In fact, your score of 72% is slightly higher than the average score of 64%. This suggests that you have utilised a somewhat smaller range of moral principles than average in order to make judgements about the scenarios presented in this test, and that you have, at least on occasion, judged aspects of the acts and circumstances depicted here to be morally irrelevant that other people consider to be morally relevant.
This category has to do with the impact of geographical distance on the application of moral principles. The idea here is to determine whether moral principles are applied equally when dealing with sets of circumstances and acts that differ only in their geographical location in relation to the person making the judgement.
Your score of 100% is significantly higher than the average score of 72% in this category.
The suggestion then is that geographical distance plays little, if any, role in your moral thinking.
In this category, we look at the impact of family loyalty and ties on the way in which moral principles are applied. The idea here is to determine whether moral principles are applied without modification or qualification when you're dealing with sets of circumstances and acts that differ only in whether the participants are related through family ties to the person making the judgement.

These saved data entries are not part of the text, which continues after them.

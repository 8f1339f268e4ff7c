-- ===== src/Ingest.antt =====
-- src/ingest.cpp: the source thread and the frame thread of the ingest process, over the queue between
-- them and the ring of the mapping. Each step is one call on the queue or the ring, or one test. The
-- file is the list of its whole frames: at a shorter rest the read fails. `capacity` is 64, and `2 ^ k`
-- is 1024.
pub mod Records
pub mod Inv
mod SourceSteps
mod FrameSteps
pub mod Order
pub mod Hang
pub mod Sample
mod Tests
use ratehub.Prelude.{
  ℕ, ◌+◌, ◌≡◌, ◌≢◌, Bool, true, false, Option, none, some, List, [], ◌∷◌, ◌++◌, replicate,
}
use ratehub.Prelude.Words.{u64}
use ratehub.Types.{Record, ParseStatus, blank_record, frame_bytes}
use ratehub.Frame.{decode_frame}
use ratehub.BoundedQueue.{BoundedQueue, returns, new_queue, push, pop, close}
use ratehub.SpscRing.{SpscRing, empty_ring, try_push, try_pop}

abbrev pub blank_frame : List ℕ
blank_frame = replicate frame_bytes 0

-- Where the source thread stands, with the frame that it has read.
pub data Source : Type 0 where
  reading : Source
  checking : List ℕ → Source  -- before the test of the flag
  pushing : List ℕ → Source  -- in `queue.push`
  leaving : Source  -- out of the loop, before the close
  ended : Source

-- Where the frame thread stands, with the frame or the record at hand.
pub data Frames : Type 0 where
  popping : Frames
  handling : List ℕ → Frames
  sending : Record → Frames  -- in `push_record`
  finished : Frames

-- `sent` holds the records that the ring has taken, `received` those that the consumer has popped;
-- `dropped` and `skipped` hold what the two threads had at hand when they gave up.
pub record State : Type 0 where
  pub file : List (List ℕ)
  pub source : Source
  pub queue : BoundedQueue (List ℕ)
  pub frames : Frames
  pub ring : SpscRing Record
  pub shutdown : ℕ
  pub heartbeat_ingest : ℕ
  pub ingest_done : ℕ
  pub sent : List Record
  pub received : List Record
  pub dropped : List Record
  pub skipped : List (List ℕ)

module _ (capacity k : ℕ) where
  abbrev pub start : List (List ℕ) → State
  start file = record {
    file = file;
    source = Source.reading;
    queue = new_queue capacity blank_frame;
    frames = Frames.popping;
    ring = empty_ring k blank_record;
    shutdown = 0;
    heartbeat_ingest = 0;
    ingest_done = 0;
    sent = [];
    received = [];
    dropped = [];
    skipped = [];
  }

  pub data SourceStep (s t : State) : Type 0 where
    read_frame :
        (f : List ℕ) (rest : List (List ℕ))
        → s.source ≡ Source.reading
        → s.file ≡ f ∷ rest
        → t ≡ record s { source = Source.checking f; file = rest }
        → SourceStep s t
    read_end :
        s.source ≡ Source.reading
        → s.file ≡ []
        → t ≡ record s { source = Source.leaving }
        → SourceStep s t
    source_stops :
        (f : List ℕ)
        → s.source ≡ Source.checking f
        → s.shutdown ≢ 0
        → t ≡ record s { source = Source.leaving; skipped = f ∷ [] }
        → SourceStep s t
    source_goes_on :
        (f : List ℕ)
        → s.source ≡ Source.checking f
        → s.shutdown ≡ 0
        → t ≡ record s { source = Source.pushing f }
        → SourceStep s t
    push_frame :
        (f : List ℕ) (q : BoundedQueue (List ℕ))
        → s.source ≡ Source.pushing f
        → push capacity s.queue f ≡ returns true q
        → t ≡ record s {
          source = Source.reading;
          queue = q;
          heartbeat_ingest = u64 (s.heartbeat_ingest + 1);
        }
        → SourceStep s t
    push_refused :
        (f : List ℕ) (q : BoundedQueue (List ℕ))
        → s.source ≡ Source.pushing f
        → push capacity s.queue f ≡ returns false q
        → t ≡ record s { source = Source.leaving; queue = q; skipped = f ∷ [] }
        → SourceStep s t
    close_queue :
        s.source ≡ Source.leaving
        → t ≡ record s { source = Source.ended; queue = close s.queue }
        → SourceStep s t

  pub data FrameStep (s t : State) : Type 0 where
    pop_frame :
        (f : List ℕ) (q : BoundedQueue (List ℕ))
        → s.frames ≡ Frames.popping
        → pop capacity blank_frame s.queue ≡ returns (some f) q
        → t ≡ record s { frames = Frames.handling f; queue = q }
        → FrameStep s t
    pop_end :
        (q : BoundedQueue (List ℕ))
        → s.frames ≡ Frames.popping
        → pop capacity blank_frame s.queue ≡ returns none q
        → t ≡ record s { frames = Frames.finished; queue = q }
        → FrameStep s t
    bad_frame :
        (f : List ℕ)
        → s.frames ≡ Frames.handling f
        → (decode_frame (some f) blank_record).0 ≢ ParseStatus.ok
        → t ≡ record s { frames = Frames.popping }
        → FrameStep s t
    good_frame :
        (f : List ℕ)
        → s.frames ≡ Frames.handling f
        → (decode_frame (some f) blank_record).0 ≡ ParseStatus.ok
        → t ≡ record s { frames = Frames.sending (decode_frame (some f) blank_record).1 }
        → FrameStep s t
    push_record :
        (r : Record)
        → s.frames ≡ Frames.sending r
        → (try_push k s.ring r).0 ≡ true
        → t ≡ record s {
          frames = Frames.popping;
          ring = (try_push k s.ring r).1;
          sent = s.sent ++ (r ∷ []);
        }
        → FrameStep s t
    retry_record :
        (r : Record)
        → s.frames ≡ Frames.sending r
        → (try_push k s.ring r).0 ≡ false
        → s.shutdown ≡ 0
        → t ≡ s
        → FrameStep s t
    give_up :
        (r : Record)
        → s.frames ≡ Frames.sending r
        → (try_push k s.ring r).0 ≡ false
        → s.shutdown ≢ 0
        → t ≡ record s { frames = Frames.finished; dropped = r ∷ [] }
        → FrameStep s t

  pub data Step (s t : State) : Type 0 where
    by_source : SourceStep s t → Step s t
    by_frames : FrameStep s t → Step s t
    both_joined :
        s.source ≡ Source.ended
        → s.frames ≡ Frames.finished
        → t ≡ record s { ingest_done = 1 }
        → Step s t
    -- The compute process pops a record, and the supervisor stores the flag.
    consumer_pops :
        (try_pop k blank_record s.ring blank_record).0 ≡ true
        → t ≡ record s {
          ring = (try_pop k blank_record s.ring blank_record).2;
          received = s.received ++ ((try_pop k blank_record s.ring blank_record).1 ∷ []);
        }
        → Step s t
    shutdown_set : t ≡ record s { shutdown = 1 } → Step s t

  pub data Reach (s : State) : State → Type 0 where
    here : Reach s s
    later : {t u : State} → Reach s t → Step t u → Reach s u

Your score of 51% is not greatly different to the average score of 52% in this category.
But what is significant is that it is low enough to suggest that issues of family relatedness are a relevant factor in your moral thinking. Probably, you think that you have a slightly greater moral obligation towards people who are related to you than towards those who are not. If you do think that, then it decreases the parsimoniousness of your moral framework.
Acts and Omissions
This category has to do with whether there is a difference between the moral status of acting and omitting to act where the consequences are the same in both instances. [...]
Your score of 35% is much lower than the average score of 61% in this category.

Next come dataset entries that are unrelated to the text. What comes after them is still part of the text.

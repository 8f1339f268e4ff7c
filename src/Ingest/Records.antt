-- ===== src/Ingest/Records.antt =====
-- The records of the good frames of a file of src/ingest.cpp.
use ratehub.Prelude.{
  ℕ, ◌≡◌, ◌≢◌, refl, ap, Bool, true, false, some, List, [], ◌∷◌, ◌++◌, arith, if◌then◌else◌,
}
use ratehub.Types.{Record, ParseStatus, blank_record}
use ratehub.Frame.{decode_frame}
use ratehub.Ingest.{Source, Frames}

abbrev status_ok : ParseStatus → Bool
status_ok ParseStatus.ok = true
status_ok ParseStatus.truncated = false
status_ok ParseStatus.bad_magic = false
status_ok ParseStatus.bad_version = false
status_ok ParseStatus.bad_source = false
status_ok ParseStatus.bad_checksum = false

-- `rest` after the record of a frame, if the frame has one.
unfoldable pub record_of : List ℕ → List Record → List Record
record_of f rest =
    if status_ok (decode_frame (some f) blank_record).0
    then (decode_frame (some f) blank_record).1 ∷ rest
    else rest

-- The records of the good frames of a file, in order, before `rest`.
unfoldable pub records_before : List (List ℕ) → List Record → List Record
unfolding record_of
records_before [] rest = rest
records_before (f ∷ fs) rest = record_of f (records_before fs rest)

unfoldable pub good_records : List (List ℕ) → List Record
unfolding records_before
good_records file = records_before file []

pub record_of_ok :
    (f : List ℕ) (rest : List Record)
    → (decode_frame (some f) blank_record).0 ≡ ParseStatus.ok
    → record_of f rest ≡ (decode_frame (some f) blank_record).1 ∷ rest
unfolding record_of
record_of_ok f rest h = rw (h, record_of) refl

pub record_of_bad :
    (f : List ℕ) (rest : List Record)
    → (decode_frame (some f) blank_record).0 ≢ ParseStatus.ok
    → record_of f rest ≡ rest
unfolding record_of
record_of_bad f rest h = ground arith

pub records_before-append :
    (fs gs : List (List ℕ)) (rest : List Record)
    → records_before (fs ++ gs) rest ≡ records_before fs (records_before gs rest)
unfolding records_before
records_before-append [] gs rest = refl
records_before-append (f ∷ fs) gs rest = ap (record_of f) (records_before-append fs gs rest)

-- What the two threads have at hand, before `rest`.
unfoldable pub at_hand : Source → List Record → List Record
at_hand Source.reading rest = rest
at_hand (Source.checking f) rest = record_of f rest
at_hand (Source.pushing f) rest = record_of f rest
at_hand Source.leaving rest = rest
at_hand Source.ended rest = rest

unfoldable pub in_work : Frames → List Record → List Record
in_work Frames.popping rest = rest
in_work (Frames.handling f) rest = record_of f rest
in_work (Frames.sending r) rest = r ∷ rest
in_work Frames.finished rest = rest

This suggests that the difference between acting and omitting to act is a relevant factor in your moral framework. Usually, this will mean thinking that those who act have greater moral culpability than those who simply omit to act. To insist on a moral distinction between acting and omitting to act is to decrease the parsimoniousness of your moral framework.
This category has to do with whether scale is a factor in making moral judgements. A simple example will make this clear. Consider a situation where it is possible to save ten lives by sacrificing one life. Is there a moral difference between this choice and one where the numbers of lives involved are different but proportional - for example, saving 100 lives by sacrificing ten? In this category then, the idea is to determine whether moral principles are applied without modification or qualification when you're dealing with sets of circumstances that differ only in their scale, as in the sense described above.
Your score of 100% is significantly higher than the average score of 73% in this category.
It seems that scale, as it is described above, is not an important consideration in your moral worldview. But if, contrary to our findings, it is important, then it decreases the parsimoniousness of your moral framework.